[Saved entries]
▼

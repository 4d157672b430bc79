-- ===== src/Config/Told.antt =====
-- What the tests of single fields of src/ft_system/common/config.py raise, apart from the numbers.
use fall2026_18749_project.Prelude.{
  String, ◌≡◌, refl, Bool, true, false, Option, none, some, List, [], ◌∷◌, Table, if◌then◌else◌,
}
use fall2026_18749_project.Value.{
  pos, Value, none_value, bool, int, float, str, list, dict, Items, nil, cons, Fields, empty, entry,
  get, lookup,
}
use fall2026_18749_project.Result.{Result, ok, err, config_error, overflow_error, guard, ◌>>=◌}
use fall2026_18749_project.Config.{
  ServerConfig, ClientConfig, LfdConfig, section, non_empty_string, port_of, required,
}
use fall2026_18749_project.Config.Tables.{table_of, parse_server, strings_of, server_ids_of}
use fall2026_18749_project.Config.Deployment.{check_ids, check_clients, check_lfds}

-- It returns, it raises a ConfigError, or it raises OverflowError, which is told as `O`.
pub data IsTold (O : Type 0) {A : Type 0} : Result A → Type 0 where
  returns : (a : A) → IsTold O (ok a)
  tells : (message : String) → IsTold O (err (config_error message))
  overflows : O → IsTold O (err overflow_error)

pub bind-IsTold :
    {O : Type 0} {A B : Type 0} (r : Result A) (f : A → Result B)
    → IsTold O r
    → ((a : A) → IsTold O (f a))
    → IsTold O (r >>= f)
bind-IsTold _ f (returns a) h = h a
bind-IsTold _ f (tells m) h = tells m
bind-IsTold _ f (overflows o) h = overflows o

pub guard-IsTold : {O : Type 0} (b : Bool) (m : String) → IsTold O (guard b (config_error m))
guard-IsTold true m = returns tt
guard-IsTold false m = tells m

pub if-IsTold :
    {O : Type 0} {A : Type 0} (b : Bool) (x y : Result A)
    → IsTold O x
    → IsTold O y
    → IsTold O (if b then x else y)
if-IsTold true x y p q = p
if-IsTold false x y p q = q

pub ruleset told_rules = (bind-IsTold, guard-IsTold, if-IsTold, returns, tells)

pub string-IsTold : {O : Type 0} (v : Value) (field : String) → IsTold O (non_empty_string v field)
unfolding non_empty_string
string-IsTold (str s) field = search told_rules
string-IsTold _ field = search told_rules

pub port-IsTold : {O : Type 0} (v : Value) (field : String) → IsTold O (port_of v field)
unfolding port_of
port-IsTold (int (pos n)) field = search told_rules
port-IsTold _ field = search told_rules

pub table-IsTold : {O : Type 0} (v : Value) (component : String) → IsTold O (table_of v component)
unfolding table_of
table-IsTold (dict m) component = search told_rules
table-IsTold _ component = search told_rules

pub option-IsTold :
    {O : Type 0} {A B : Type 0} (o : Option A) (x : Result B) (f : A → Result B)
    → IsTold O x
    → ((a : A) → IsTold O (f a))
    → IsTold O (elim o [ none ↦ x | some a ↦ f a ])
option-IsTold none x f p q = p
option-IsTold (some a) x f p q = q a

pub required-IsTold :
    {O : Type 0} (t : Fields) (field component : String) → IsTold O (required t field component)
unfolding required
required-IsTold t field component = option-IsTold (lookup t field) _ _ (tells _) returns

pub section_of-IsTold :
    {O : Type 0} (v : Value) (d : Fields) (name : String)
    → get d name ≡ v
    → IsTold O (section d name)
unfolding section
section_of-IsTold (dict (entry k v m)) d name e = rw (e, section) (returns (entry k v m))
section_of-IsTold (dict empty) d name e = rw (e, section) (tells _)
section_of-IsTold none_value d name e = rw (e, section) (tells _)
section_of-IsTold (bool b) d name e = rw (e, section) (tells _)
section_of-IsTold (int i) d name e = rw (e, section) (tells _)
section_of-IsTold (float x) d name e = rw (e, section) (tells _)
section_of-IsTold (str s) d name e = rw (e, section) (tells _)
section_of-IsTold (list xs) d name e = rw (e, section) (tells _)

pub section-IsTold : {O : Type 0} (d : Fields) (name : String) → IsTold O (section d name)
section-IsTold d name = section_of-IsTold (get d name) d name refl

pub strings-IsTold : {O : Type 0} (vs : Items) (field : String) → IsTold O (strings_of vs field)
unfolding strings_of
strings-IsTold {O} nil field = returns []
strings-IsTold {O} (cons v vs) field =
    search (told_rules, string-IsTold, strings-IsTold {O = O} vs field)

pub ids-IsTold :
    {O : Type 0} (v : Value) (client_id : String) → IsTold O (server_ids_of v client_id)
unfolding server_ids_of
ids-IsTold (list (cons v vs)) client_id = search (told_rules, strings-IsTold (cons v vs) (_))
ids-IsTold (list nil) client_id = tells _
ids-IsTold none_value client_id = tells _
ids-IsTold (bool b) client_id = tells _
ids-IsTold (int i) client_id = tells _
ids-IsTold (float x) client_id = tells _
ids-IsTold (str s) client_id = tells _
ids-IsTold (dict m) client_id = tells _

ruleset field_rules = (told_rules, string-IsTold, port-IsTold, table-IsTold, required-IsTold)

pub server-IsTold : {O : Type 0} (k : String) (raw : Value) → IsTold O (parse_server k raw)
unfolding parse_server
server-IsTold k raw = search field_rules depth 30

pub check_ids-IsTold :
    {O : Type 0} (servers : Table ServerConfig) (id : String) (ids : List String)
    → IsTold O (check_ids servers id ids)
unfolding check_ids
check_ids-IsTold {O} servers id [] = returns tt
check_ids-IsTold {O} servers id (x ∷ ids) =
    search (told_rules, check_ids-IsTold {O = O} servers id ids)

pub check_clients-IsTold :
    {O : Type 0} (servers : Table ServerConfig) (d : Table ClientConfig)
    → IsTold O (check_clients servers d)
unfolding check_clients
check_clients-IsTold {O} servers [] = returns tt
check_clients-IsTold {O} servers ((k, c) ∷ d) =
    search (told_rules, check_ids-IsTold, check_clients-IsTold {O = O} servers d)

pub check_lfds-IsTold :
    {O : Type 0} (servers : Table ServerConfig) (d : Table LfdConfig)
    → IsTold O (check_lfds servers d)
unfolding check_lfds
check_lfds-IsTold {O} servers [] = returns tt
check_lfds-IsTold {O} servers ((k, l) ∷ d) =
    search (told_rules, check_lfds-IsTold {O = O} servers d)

▲
▼

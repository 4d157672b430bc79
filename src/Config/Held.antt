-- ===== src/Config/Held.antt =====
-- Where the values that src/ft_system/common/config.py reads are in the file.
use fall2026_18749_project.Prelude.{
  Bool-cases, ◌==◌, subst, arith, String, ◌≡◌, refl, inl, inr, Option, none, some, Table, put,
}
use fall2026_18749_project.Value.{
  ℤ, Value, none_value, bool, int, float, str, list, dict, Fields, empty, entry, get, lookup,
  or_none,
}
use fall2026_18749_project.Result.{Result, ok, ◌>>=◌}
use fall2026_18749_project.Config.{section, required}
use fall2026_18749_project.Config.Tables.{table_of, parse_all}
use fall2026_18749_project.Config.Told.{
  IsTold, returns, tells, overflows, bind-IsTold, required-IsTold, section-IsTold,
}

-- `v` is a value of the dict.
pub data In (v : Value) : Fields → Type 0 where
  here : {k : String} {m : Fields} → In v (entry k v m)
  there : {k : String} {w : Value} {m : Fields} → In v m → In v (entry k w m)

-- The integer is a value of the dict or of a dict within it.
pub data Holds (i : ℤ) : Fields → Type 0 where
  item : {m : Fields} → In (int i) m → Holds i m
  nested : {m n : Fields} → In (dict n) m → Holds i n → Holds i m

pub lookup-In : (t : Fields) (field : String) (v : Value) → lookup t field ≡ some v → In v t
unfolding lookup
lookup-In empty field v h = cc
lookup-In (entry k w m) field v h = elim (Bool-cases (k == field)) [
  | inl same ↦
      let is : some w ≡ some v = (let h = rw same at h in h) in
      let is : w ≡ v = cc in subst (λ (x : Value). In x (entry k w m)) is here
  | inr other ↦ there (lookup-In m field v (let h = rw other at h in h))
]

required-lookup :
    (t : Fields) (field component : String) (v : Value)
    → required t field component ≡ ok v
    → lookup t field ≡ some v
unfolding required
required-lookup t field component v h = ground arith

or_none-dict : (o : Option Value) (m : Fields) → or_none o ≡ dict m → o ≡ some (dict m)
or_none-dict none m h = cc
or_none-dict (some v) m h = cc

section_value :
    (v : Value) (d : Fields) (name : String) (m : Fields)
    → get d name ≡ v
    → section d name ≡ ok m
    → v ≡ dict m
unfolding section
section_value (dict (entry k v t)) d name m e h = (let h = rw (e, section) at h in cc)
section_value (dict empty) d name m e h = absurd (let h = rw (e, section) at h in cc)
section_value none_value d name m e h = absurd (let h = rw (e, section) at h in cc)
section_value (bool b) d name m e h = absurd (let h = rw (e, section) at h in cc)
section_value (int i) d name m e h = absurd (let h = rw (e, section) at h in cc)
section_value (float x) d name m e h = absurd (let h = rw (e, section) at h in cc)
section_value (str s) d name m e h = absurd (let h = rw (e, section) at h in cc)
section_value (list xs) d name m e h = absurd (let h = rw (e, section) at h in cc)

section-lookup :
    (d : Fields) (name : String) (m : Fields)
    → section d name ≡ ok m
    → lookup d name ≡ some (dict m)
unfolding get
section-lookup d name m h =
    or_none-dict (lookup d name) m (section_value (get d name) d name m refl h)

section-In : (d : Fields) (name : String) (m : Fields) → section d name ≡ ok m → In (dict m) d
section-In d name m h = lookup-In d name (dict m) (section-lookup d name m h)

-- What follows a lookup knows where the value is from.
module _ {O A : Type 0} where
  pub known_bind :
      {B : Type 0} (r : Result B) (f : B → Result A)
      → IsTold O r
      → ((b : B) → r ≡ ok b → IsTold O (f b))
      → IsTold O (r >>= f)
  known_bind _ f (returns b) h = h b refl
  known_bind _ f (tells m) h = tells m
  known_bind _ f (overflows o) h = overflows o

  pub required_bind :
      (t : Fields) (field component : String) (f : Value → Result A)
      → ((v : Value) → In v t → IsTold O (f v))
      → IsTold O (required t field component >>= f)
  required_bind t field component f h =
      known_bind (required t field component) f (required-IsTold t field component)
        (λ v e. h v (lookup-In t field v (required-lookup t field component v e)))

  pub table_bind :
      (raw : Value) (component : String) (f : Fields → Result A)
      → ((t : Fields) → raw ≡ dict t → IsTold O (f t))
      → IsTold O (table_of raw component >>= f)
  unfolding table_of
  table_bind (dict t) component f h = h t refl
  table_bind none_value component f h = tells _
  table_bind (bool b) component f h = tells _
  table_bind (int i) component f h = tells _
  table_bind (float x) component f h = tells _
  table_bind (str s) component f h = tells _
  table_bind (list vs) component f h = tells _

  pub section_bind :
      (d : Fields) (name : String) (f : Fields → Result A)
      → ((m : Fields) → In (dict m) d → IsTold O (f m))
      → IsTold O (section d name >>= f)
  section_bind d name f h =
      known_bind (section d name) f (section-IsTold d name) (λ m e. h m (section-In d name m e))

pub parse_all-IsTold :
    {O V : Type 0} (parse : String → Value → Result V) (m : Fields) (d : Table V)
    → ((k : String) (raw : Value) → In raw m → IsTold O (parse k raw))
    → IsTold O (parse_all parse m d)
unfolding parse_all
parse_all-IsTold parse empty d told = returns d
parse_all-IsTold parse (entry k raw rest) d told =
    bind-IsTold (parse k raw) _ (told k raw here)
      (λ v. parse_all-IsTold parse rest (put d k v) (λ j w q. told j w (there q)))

▲
▼

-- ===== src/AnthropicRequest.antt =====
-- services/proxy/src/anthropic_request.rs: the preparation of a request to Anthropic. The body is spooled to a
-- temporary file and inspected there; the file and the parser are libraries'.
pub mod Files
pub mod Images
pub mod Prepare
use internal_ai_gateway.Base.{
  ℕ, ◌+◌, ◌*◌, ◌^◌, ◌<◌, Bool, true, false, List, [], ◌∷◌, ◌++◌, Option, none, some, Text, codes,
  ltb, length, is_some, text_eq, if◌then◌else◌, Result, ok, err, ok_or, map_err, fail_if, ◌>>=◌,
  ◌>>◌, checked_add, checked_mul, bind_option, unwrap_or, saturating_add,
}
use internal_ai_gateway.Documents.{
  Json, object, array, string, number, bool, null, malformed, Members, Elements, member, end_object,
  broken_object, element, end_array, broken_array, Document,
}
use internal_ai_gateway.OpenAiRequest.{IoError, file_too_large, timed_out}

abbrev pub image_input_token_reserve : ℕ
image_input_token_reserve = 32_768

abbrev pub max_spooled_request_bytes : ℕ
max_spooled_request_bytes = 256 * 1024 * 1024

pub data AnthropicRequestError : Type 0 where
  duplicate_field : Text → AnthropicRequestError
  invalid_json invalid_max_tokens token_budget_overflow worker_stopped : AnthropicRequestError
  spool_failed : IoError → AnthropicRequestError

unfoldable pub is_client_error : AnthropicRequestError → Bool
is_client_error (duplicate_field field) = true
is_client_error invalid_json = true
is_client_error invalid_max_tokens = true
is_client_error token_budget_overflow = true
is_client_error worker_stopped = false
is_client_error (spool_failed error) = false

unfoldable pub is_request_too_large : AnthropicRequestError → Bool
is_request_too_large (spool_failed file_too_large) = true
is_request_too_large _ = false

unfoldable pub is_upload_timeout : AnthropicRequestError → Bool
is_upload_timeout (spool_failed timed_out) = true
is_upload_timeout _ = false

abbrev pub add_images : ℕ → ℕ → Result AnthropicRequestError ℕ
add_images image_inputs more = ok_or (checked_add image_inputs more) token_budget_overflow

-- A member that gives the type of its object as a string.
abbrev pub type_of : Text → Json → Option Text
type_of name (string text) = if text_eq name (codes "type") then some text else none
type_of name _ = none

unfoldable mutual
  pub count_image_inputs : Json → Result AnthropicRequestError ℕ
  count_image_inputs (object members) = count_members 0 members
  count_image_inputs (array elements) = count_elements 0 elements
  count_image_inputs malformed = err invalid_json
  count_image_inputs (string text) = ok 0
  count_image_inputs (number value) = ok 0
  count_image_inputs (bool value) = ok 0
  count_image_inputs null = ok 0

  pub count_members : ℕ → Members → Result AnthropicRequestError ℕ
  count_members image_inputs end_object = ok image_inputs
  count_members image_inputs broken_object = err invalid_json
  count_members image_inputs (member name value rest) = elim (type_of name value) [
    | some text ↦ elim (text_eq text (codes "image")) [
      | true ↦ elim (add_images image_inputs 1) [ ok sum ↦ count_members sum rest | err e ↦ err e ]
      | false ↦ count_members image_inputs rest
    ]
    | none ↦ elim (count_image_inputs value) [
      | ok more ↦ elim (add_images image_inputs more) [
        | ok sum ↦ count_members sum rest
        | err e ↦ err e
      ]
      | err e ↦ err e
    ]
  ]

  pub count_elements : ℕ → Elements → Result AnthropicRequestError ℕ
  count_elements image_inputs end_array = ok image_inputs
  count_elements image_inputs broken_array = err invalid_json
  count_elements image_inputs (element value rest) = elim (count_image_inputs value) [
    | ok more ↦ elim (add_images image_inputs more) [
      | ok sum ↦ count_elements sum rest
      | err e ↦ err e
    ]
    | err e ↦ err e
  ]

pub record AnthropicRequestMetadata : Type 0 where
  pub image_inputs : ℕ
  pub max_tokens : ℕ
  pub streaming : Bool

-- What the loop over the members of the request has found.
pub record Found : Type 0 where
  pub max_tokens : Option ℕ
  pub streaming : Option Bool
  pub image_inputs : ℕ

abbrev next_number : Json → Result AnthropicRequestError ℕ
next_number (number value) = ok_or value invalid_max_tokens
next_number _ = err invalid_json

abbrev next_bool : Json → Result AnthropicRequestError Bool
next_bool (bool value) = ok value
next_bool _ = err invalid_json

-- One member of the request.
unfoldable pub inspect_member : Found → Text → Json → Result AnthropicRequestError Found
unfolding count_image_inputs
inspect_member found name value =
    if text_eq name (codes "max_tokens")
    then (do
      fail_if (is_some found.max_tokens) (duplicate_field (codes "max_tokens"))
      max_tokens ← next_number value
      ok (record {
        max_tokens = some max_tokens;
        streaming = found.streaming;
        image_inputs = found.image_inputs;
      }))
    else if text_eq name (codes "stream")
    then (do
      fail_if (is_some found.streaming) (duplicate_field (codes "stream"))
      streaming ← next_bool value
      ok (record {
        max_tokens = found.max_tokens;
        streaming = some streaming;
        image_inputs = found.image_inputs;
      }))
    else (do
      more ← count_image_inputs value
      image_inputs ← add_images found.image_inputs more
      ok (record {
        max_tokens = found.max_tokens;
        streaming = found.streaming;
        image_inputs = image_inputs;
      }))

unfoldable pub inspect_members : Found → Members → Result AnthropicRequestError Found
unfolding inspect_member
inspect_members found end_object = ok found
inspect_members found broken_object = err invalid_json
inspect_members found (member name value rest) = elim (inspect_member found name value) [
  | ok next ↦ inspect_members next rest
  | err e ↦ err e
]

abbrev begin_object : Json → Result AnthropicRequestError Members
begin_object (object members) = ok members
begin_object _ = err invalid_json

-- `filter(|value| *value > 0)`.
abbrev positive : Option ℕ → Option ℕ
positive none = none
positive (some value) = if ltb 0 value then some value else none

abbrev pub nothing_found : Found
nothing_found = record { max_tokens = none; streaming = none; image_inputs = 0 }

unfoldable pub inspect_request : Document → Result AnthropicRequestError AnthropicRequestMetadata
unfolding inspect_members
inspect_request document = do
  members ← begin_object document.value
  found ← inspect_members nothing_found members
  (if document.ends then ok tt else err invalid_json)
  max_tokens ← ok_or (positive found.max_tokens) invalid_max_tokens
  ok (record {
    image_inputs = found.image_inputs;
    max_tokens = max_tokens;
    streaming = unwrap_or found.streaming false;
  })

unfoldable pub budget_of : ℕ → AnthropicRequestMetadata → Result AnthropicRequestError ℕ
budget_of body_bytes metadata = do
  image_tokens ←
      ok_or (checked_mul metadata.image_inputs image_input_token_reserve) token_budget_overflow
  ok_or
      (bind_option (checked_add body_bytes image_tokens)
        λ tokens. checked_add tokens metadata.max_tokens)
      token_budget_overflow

▲

§ **Exercise**: From the records above, reproduce exactly the lines from the one with "bind-IsTold (parse k" to the one with "(λ v. parse_all-IsTold", both included, and no others.

§ **Solution to this exercise**:
    bind-IsTold (parse k raw) _ (told k raw here)
      (λ v. parse_all-IsTold parse rest (put d k v) (λ j w q. told j w (there q)))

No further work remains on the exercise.